_Your assignment_
When the line containing "(k.len ≡ length k.bytes)" is reached, include it and end there; set down verbatim every line before it, starting at the top of the records.

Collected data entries
BEGIN
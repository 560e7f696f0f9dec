-- ===== src/Chunking/Cover.antt =====
-- The chunks of a file are the file.
use orlop.Prelude.{
  ℕ, zero, suc, ◌+◌, ◌-◌, ◌%◌, ◌^◌, ◌<◌, ◌≤◌, ◌⊎◌, inl, inr, Text, some, List, [], ◌∷◌, ◌++◌,
  length, take, drop, take-drop, length-drop, length-take, length-append, sym, ◌≡◌, ◌≢◌, ◌∙◌, refl,
  ap, arith, subst,
}
use orlop.Chunking.{CutParams, v2020_cut, Chunk, chunk_of, chunk_loop, chunk_bytes, chunk_params}
use orlop.Chunking.Bounds.{IsValid, IsCut, v2020_cut_bounds}

unfoldable pub joined : List Chunk → Text
joined [] = []
joined (k ∷ ks) = k.bytes ++ joined ks

-- Each chunk describes its bytes and begins where the one before it ends.
abbrev pub Laid : (Text → Text) → ℕ → List Chunk → Type 0
Laid blake3 offset [] = Unit {0}
Laid blake3 offset (k ∷ ks) =
    (k.offset ≡ offset)
    × (k.len ≡ length k.bytes)
    × (k.hash ≡ blake3 k.bytes)
    × Laid blake3 (offset + k.len) ks

-- No chunk is empty or larger than the maximum, and only the last is smaller than the minimum.
abbrev pub Sized : CutParams → List Chunk → Type 0
Sized c [] = Unit {0}
Sized c (k ∷ ks) =
    (0 < k.len) × (k.len ≤ c.max_size) × ((c.min_size ≤ k.len) ⊎ (ks ≡ [])) × Sized c ks

-- The chunks of some bytes from an offset on.
pub record Covers (blake3 : Text → Text) (c : CutParams) (offset : ℕ) (bytes : Text)
    (cs : List Chunk) : Type 0 where
  pub whole : joined cs ≡ bytes
  pub laid : Laid blake3 offset cs
  pub sized : Sized c cs

drop_all : (xs : Text) → drop (length xs) xs ≡ []
drop_all [] = refl
drop_all (x ∷ xs) = drop_all xs

nothing_left :
    (blake3 : Text → Text) (c : CutParams) (offset : ℕ) (xs : Text) (ks : List Chunk)
    → xs ≡ []
    → Covers blake3 c offset xs ks
    → ks ≡ []
unfolding joined
nothing_left blake3 c offset xs [] e v = refl
nothing_left blake3 c offset xs (k ∷ ks) e v =
    absurd (
      omega
        (arith, v.sized.0, v.laid.1, ap length (v.whole ∙ e), length-append k.bytes (joined ks)))

-- A chunk in front of those of the rest.
Covers-cons :
    (blake3 : Text → Text) (c : CutParams) (offset : ℕ) (bytes : Text) (n : ℕ) (ks : List Chunk)
    → c.max_size < 2 ^ 32
    → IsCut c bytes n
    → Covers blake3 c (offset + n) (drop n bytes) ks
    → Covers blake3 c offset bytes (chunk_of blake3 offset (take n bytes) ∷ ks)
unfolding joined
Covers-cons blake3 c offset bytes n ks small (some_bytes, inside, fits, size) v =
    let here : length (take n bytes) ≡ n = length-take n bytes inside in
    let len : length (take n bytes) % 2 ^ 32 ≡ n = omega (arith, here, fits, small) in
    let low : (c.min_size ≤ n) ⊎ (ks ≡ []) = elim size [
      | inl a ↦ inl a
      | inr a ↦ inr (
          nothing_left blake3 c (offset + n) (drop n bytes) ks
            (subst (λ m. drop m bytes ≡ []) (sym a) (drop_all bytes)) v)
    ] in
    record {
      whole = ap (◌++◌ (take n bytes)) v.whole ∙ take-drop n bytes;
      laid =
          (refl, len ∙ sym here, refl, subst (λ m. Laid blake3 (offset + m) ks) (sym len) v.laid);
      sized = (
        omega (arith, len, some_bytes),
        omega (arith, len, fits),
        subst (λ m. (c.min_size ≤ m) ⊎ (ks ≡ [])) (sym len) low,
        v.sized,
      );
    }

chunk_loop-cons :
    (blake3 : Text → Text) (c : CutParams) (fuel offset x : ℕ) (xs : Text) (n : ℕ) (ks : List Chunk)
    → v2020_cut c (x ∷ xs) ≡ some n
    → (offset + n) % 2 ^ 64 ≡ offset + n
    → chunk_loop blake3 c fuel (offset + n) (drop n (x ∷ xs)) ≡ some ks
    → chunk_loop blake3 c (suc fuel) offset (x ∷ xs)
      ≡ some (chunk_of blake3 offset (take n (x ∷ xs)) ∷ ks)
unfolding chunk_loop
chunk_loop-cons blake3 c fuel offset x xs n ks cut next e = rw (cut, next, e) refl

module _ (blake3 : Text → Text) (c : CutParams) (valid : IsValid c)
    (small : c.max_size < 2 ^ 32) where
  chunk_loop-Covers :
      (fuel offset : ℕ) (bytes : Text)
      → length bytes ≤ fuel
      → offset + length bytes < 2 ^ 64
      → (cs : List Chunk) × (chunk_loop blake3 c fuel offset bytes ≡ some cs)
        × Covers blake3 c offset bytes cs
  unfolding chunk_loop joined
  chunk_loop-Covers zero offset [] enough room =
      ([], refl, record { whole = refl; laid = tt; sized = tt })
  chunk_loop-Covers zero offset (x ∷ xs) enough room = absurd (omega (arith, enough))
  chunk_loop-Covers (suc fuel) offset [] enough room =
      ([], refl, record { whole = refl; laid = tt; sized = tt })
  chunk_loop-Covers (suc fuel) offset (x ∷ xs) enough room =
      let (n, cut, bounds) = v2020_cut_bounds c (x ∷ xs) valid (omega arith) in
      let left : length (drop n (x ∷ xs)) ≡ length (x ∷ xs) - n = length-drop n (x ∷ xs) in
      let next : (offset + n) % 2 ^ 64 ≡ offset + n = omega (arith, room, bounds.1) in
      let (ks, e, v) =
        chunk_loop-Covers fuel (offset + n) (drop n (x ∷ xs))
          (omega (arith, left, enough, bounds.0)) (omega (arith, left, room, bounds.1)) in
      (
        chunk_of blake3 offset (take n (x ∷ xs)) ∷ ks,
        chunk_loop-cons blake3 c fuel offset x xs n ks cut next e,
        Covers-cons blake3 c offset (x ∷ xs) n ks small bounds v,
      )

-- Chunking some bytes always ends, without a read out of range: the chunks put together are the bytes, each with its
-- hash, its length and the offset at which the one before it ends, none longer than 16 MiB, and only the last
-- shorter than 1 MiB.
pub chunk_bytes-Covers :
    (blake3 : Text → Text) (bytes : Text)
    → bytes ≢ []
    → length bytes < 2 ^ 64
    → (cs : List Chunk) × (chunk_bytes blake3 bytes ≡ some cs)
      × Covers blake3 chunk_params 0 bytes cs
unfolding chunk_bytes
chunk_bytes-Covers blake3 [] some_bytes room = absurd (some_bytes refl)
chunk_bytes-Covers blake3 (x ∷ xs) some_bytes room =
    chunk_loop-Covers blake3 chunk_params
      (record {
        some_bytes = omega arith;
        even = omega arith;
        min_le_avg = omega arith;
        avg_le_max = omega arith;
      })
      (omega arith) (length (x ∷ xs)) 0 (x ∷ xs) (omega arith) (omega (arith, room))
END
_Response area_
repository 560e7f696f0f9dec
-- ===== src/Chunking/Cover.antt =====
-- The chunks of a file are the file.
use orlop.Prelude.{
  ℕ, zero, suc, ◌+◌, ◌-◌, ◌%◌, ◌^◌, ◌<◌, ◌≤◌, ◌⊎◌, inl, inr, Text, some, List, [], ◌∷◌, ◌++◌,
  length, take, drop, take-drop, length-drop, length-take, length-append, sym, ◌≡◌, ◌≢◌, ◌∙◌, refl,
  ap, arith, subst,
}
use orlop.Chunking.{CutParams, v2020_cut, Chunk, chunk_of, chunk_loop, chunk_bytes, chunk_params}
use orlop.Chunking.Bounds.{IsValid, IsCut, v2020_cut_bounds}

unfoldable pub joined : List Chunk → Text
joined [] = []
joined (k ∷ ks) = k.bytes ++ joined ks

-- Each chunk describes its bytes and begins where the one before it ends.
abbrev pub Laid : (Text → Text) → ℕ → List Chunk → Type 0
Laid blake3 offset [] = Unit {0}
Laid blake3 offset (k ∷ ks) =
    (k.offset ≡ offset)
    × (k.len ≡ length k.bytes)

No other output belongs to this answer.